> _TASK INPUT_:
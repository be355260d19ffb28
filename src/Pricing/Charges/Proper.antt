-- ===== src/Pricing/Charges/Proper.antt =====
-- The fractions that the charges are computed with keep their denominators positive.
use native.Mathlib.Nat
use lite_api.Common.{
  ℕ, inl, inr, ◌+◌, ◌-◌, ◌*◌, ◌^◌, ◌≤◌, ◌<◌, ◌==◌, nat_eq, string_eq, text_eq, codes, ◌≡◌, refl,
  Text, String, ◌||◌, ◌&&◌, List, [], ◌∷◌, Option, none, some, length, Bool-cases, arith,
}
use lite_api.Common.Errors.{ok}
use lite_api.Common.Rat.{Rat, one_rat, ◌*ℚ◌, ◌+ℚ◌, round_to, is_positive}
use lite_api.Pricing.Numbers.{Price, Decimal, decimal, magnitude, rat_of, rat, decimal_or}
use lite_api.Pricing.Periods.{
  Period, TimePrice, LocalTime, Moment, in_period, period_at, local_multiplier, multiplier_at,
}
use lite_api.Pricing.Cards.Intervals.{Card, Interval}
use lite_api.Pricing.Charges.Tokens.{
  Audio, no_audio, bad_audio, audio, UnitPrices, interval_or, resolved_price, hour_price,
  token_prices,
}
use lite_api.Pricing.Charges.Parts.{
  component, fast_multiplier, tier_multiplier, effort_multiplier, image_input_price,
}

-- A fraction that `big.Rat` can hold.
abbrev pub IsProper : Rat → Type 0
IsProper r = 0 < r.den

abbrev pub IsProperOr : Option Rat → Type 0
IsProperOr o = (r : Rat) → o ≡ some r → IsProper r

-- `n` is the number of units of `10 ^ -scale` nearest to `r`, the upper one of two.
abbrev pub IsNearest : ℕ → Rat → ℕ → Type 0
IsNearest scale r n =
    (2 * n * r.den ≤ 2 * (r.num * 10 ^ scale) + r.den)
    × (2 * (r.num * 10 ^ scale) + r.den < 2 * (n + 1) * r.den)

pub round_to-IsNearest : (scale : ℕ) (r : Rat) → IsProper r → IsNearest scale r (round_to scale r)
unfolding round_to
round_to-IsNearest scale r p =
    let positive : 0 < 2 * r.den = omega arith in
    let low = Nat.div-mul-le_self (r.num * 10 ^ scale * 2 + r.den) (2 * r.den) in
    let high = Nat.lt-mul-div-succ (r.num * 10 ^ scale * 2 + r.den) positive in
    (grind arith, grind arith)

pub mul-IsProper : (r s : Rat) → IsProper r → IsProper s → IsProper (r *ℚ s)
unfolding ◌*ℚ◌
mul-IsProper r s p q = Nat.mul-le-mul p q

pub add-IsProper : (r s : Rat) → IsProper r → IsProper s → IsProper (r +ℚ s)
unfolding ◌+ℚ◌
add-IsProper r s p q = Nat.mul-le-mul p q

ten_pow : (k : ℕ) → 0 < 10 ^ k
ten_pow k = Nat.one-le-pow k 10 (omega arith)

rat_of-IsProper : (d : Option Decimal) → IsProper (rat_of d)
unfolding rat_of magnitude
rat_of-IsProper none = omega arith
rat_of-IsProper (some d) = elim (Bool-cases (d.exponent_negative)) [
  | inl e ↦ rw (e) (ten_pow (d.fraction + d.exponent))
  | inr e ↦ rw (e) (ten_pow (d.fraction - d.exponent))
]

pub rat-IsProper : (n : Text) → IsProper (rat n)
unfolding rat
rat-IsProper n = rat_of-IsProper (decimal n)

pub decimal_or-IsProper : (n : Price) (r : Rat) → IsProper r → IsProper (decimal_or n r)
unfolding decimal_or
decimal_or-IsProper none r p = p
decimal_or-IsProper (some n) r p = rat-IsProper n

-- What the program reads of a policy and of a usage keeps its denominators positive.
abbrev pub IsProperAudio : Audio → Type 0
IsProperAudio no_audio = Unit
IsProperAudio bad_audio = Unit
IsProperAudio (audio r) = IsProper r

pub some-IsProperOr : (r : Rat) → IsProper r → IsProperOr (some r)
some-IsProperOr r p s h = ground arith

pub component-IsProper :
    (count : ℕ) (price : Option Rat) {r : Rat}
    → IsProperOr price
    → component count price ≡ ok r
    → IsProper r
unfolding component ◌*ℚ◌
component-IsProper count none p h = ground arith
component-IsProper count (some q) p h =
    let proper : IsProper q = p q refl in
    elim (Bool-cases (count == 0)) [ inl e ↦ ground arith | inr e ↦ ground arith ]

resolved_price-IsProper : (base n m : Price) → IsProperOr (resolved_price base n m)
unfolding resolved_price
resolved_price-IsProper base (some n) m r h = ground (arith, rat-IsProper n)
resolved_price-IsProper none none m r h = absurd cc
resolved_price-IsProper (some b) none m r h = ground (
  arith,
  mul-IsProper (rat b) (decimal_or m one_rat) (rat-IsProper b)
      (decimal_or-IsProper m one_rat (omega arith)),
)

hour_price-IsProper :
    (w w' : Price) (resolved : Option Rat)
    → IsProperOr resolved
    → IsProperOr (hour_price w w' resolved)
unfolding hour_price
hour_price-IsProper (some w) none o p r h = ground (arith, rat-IsProper w)
hour_price-IsProper none w' o p r h = p r h
hour_price-IsProper (some w) (some w') o p r h = p r h

pub image_input_price-IsProper :
    (n : Price) (o : Option Rat) → IsProperOr o → IsProperOr (image_input_price n o)
unfolding image_input_price
image_input_price-IsProper none o p r h = p r h
image_input_price-IsProper (some n) o p r h = elim (Bool-cases (is_positive (rat n))) [
  | inl e ↦ ground (arith, rat-IsProper n)
  | inr e ↦ p r (ground arith)
]

pub effort_multiplier-IsProper :
    (ms : List (String × Text)) (effort : String) → IsProper (effort_multiplier ms effort)
unfolding effort_multiplier
effort_multiplier-IsProper [] effort = omega arith
effort_multiplier-IsProper ((e, n) ∷ rest) effort = elim (Bool-cases (e == effort)) [
  | inl t ↦ rw (t) (rat-IsProper n)
  | inr t ↦ rw (t) (effort_multiplier-IsProper rest effort)
]

period_at-IsProper : (sec : ℕ) (ps : List Period) → IsProper (period_at sec ps)
unfolding period_at
period_at-IsProper sec [] = omega arith
period_at-IsProper sec (p ∷ ps) = elim (Bool-cases (in_period sec p)) [
  | inl t ↦ rw (t) (rat-IsProper p.period_multiplier)
  | inr t ↦ rw (t) (period_at-IsProper sec ps)
]

local_multiplier-IsProper : (p : TimePrice) (t : Option LocalTime) → IsProper (local_multiplier p t)
unfolding local_multiplier
local_multiplier-IsProper p none = omega arith
local_multiplier-IsProper p (some t) = elim (Bool-cases (p.weekdays_only && t.is_weekend)) [
  | inl e ↦ rw (e) (omega arith)
  | inr e ↦ rw (e) (period_at-IsProper t.second p.periods)
]

pub multiplier_at-IsProper : (p : Option TimePrice) (at : Moment) → IsProper (multiplier_at p at)
unfolding multiplier_at
multiplier_at-IsProper none at = omega arith
multiplier_at-IsProper (some p) at = elim (Bool-cases (length p.periods == 0 || at.is_zero)) [
  | inl e ↦ rw (e) (omega arith)
  | inr e ↦ rw (e) (local_multiplier-IsProper p (at.local p.timezone))
]

fast_multiplier-IsProper :
    (n : Price) (o : Option Rat) → IsProperOr o → IsProper (fast_multiplier n o)
unfolding fast_multiplier
fast_multiplier-IsProper none none p = omega arith
fast_multiplier-IsProper none (some r) p = p r refl
fast_multiplier-IsProper (some n) o p = rat-IsProper n

pub tier_multiplier-IsProper :
    (p : Card) (tier : Text) → IsProperOr p.fast_ratio → IsProper (tier_multiplier p tier)
unfolding tier_multiplier
tier_multiplier-IsProper p tier h =
    elim (Bool-cases (tier == codes "priority" || tier == codes "fast")) [
      | inl e ↦ rw (e) (fast_multiplier-IsProper p.fast p.fast_ratio h)
      | inr e ↦ elim (Bool-cases (tier == codes "ultrafast")) [
        | inl f ↦ rw (e, f) (omega arith)
        | inr f ↦ elim (Bool-cases (tier == codes "flex")) [
          | inl g ↦ rw (e, f, g) (decimal_or-IsProper p.flex _ (omega arith))
          | inr g ↦ rw (e, f, g) (omega arith)
        ]
      ]
    ]

abbrev pub AreProper : UnitPrices → Type 0
AreProper u =
    IsProperOr u.input_price
    × IsProperOr u.output_price
    × IsProperOr u.write_price
    × IsProperOr u.write_1h_price
    × IsProperOr u.read_price

pub token_prices-AreProper :
    (p : Card) (selected : Option Interval) → AreProper (token_prices p selected)
unfolding token_prices
token_prices-AreProper p selected =
    let iv = interval_or selected in
    (
      resolved_price-IsProper p.input iv.input iv.input_multiplier,
      resolved_price-IsProper p.output iv.output iv.output_multiplier,
      resolved_price-IsProper p.cache_write iv.cache_write iv.write_multiplier,
      hour_price-IsProper iv.cache_write iv.cache_write_1h _
          (resolved_price-IsProper _ iv.cache_write_1h iv.write_multiplier),
      resolved_price-IsProper p.cache_read iv.cache_read iv.read_multiplier,
    )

> _WORK INSTRUCTIONS_: In the listing above, find the line with "abbrev pub IsProperOr : Option Rat → Type 0" and the line with "(2 * n * r.den". Output those two lines and every line between them, exactly as written.

> _RESPONSE TO THIS TASK_:
abbrev pub IsProperOr : Option Rat → Type 0
IsProperOr o = (r : Rat) → o ≡ some r → IsProper r

-- `n` is the number of units of `10 ^ -scale` nearest to `r`, the upper one of two.
abbrev pub IsNearest : ℕ → Rat → ℕ → Type 0
IsNearest scale r n =
    (2 * n * r.den ≤ 2 * (r.num * 10 ^ scale) + r.den)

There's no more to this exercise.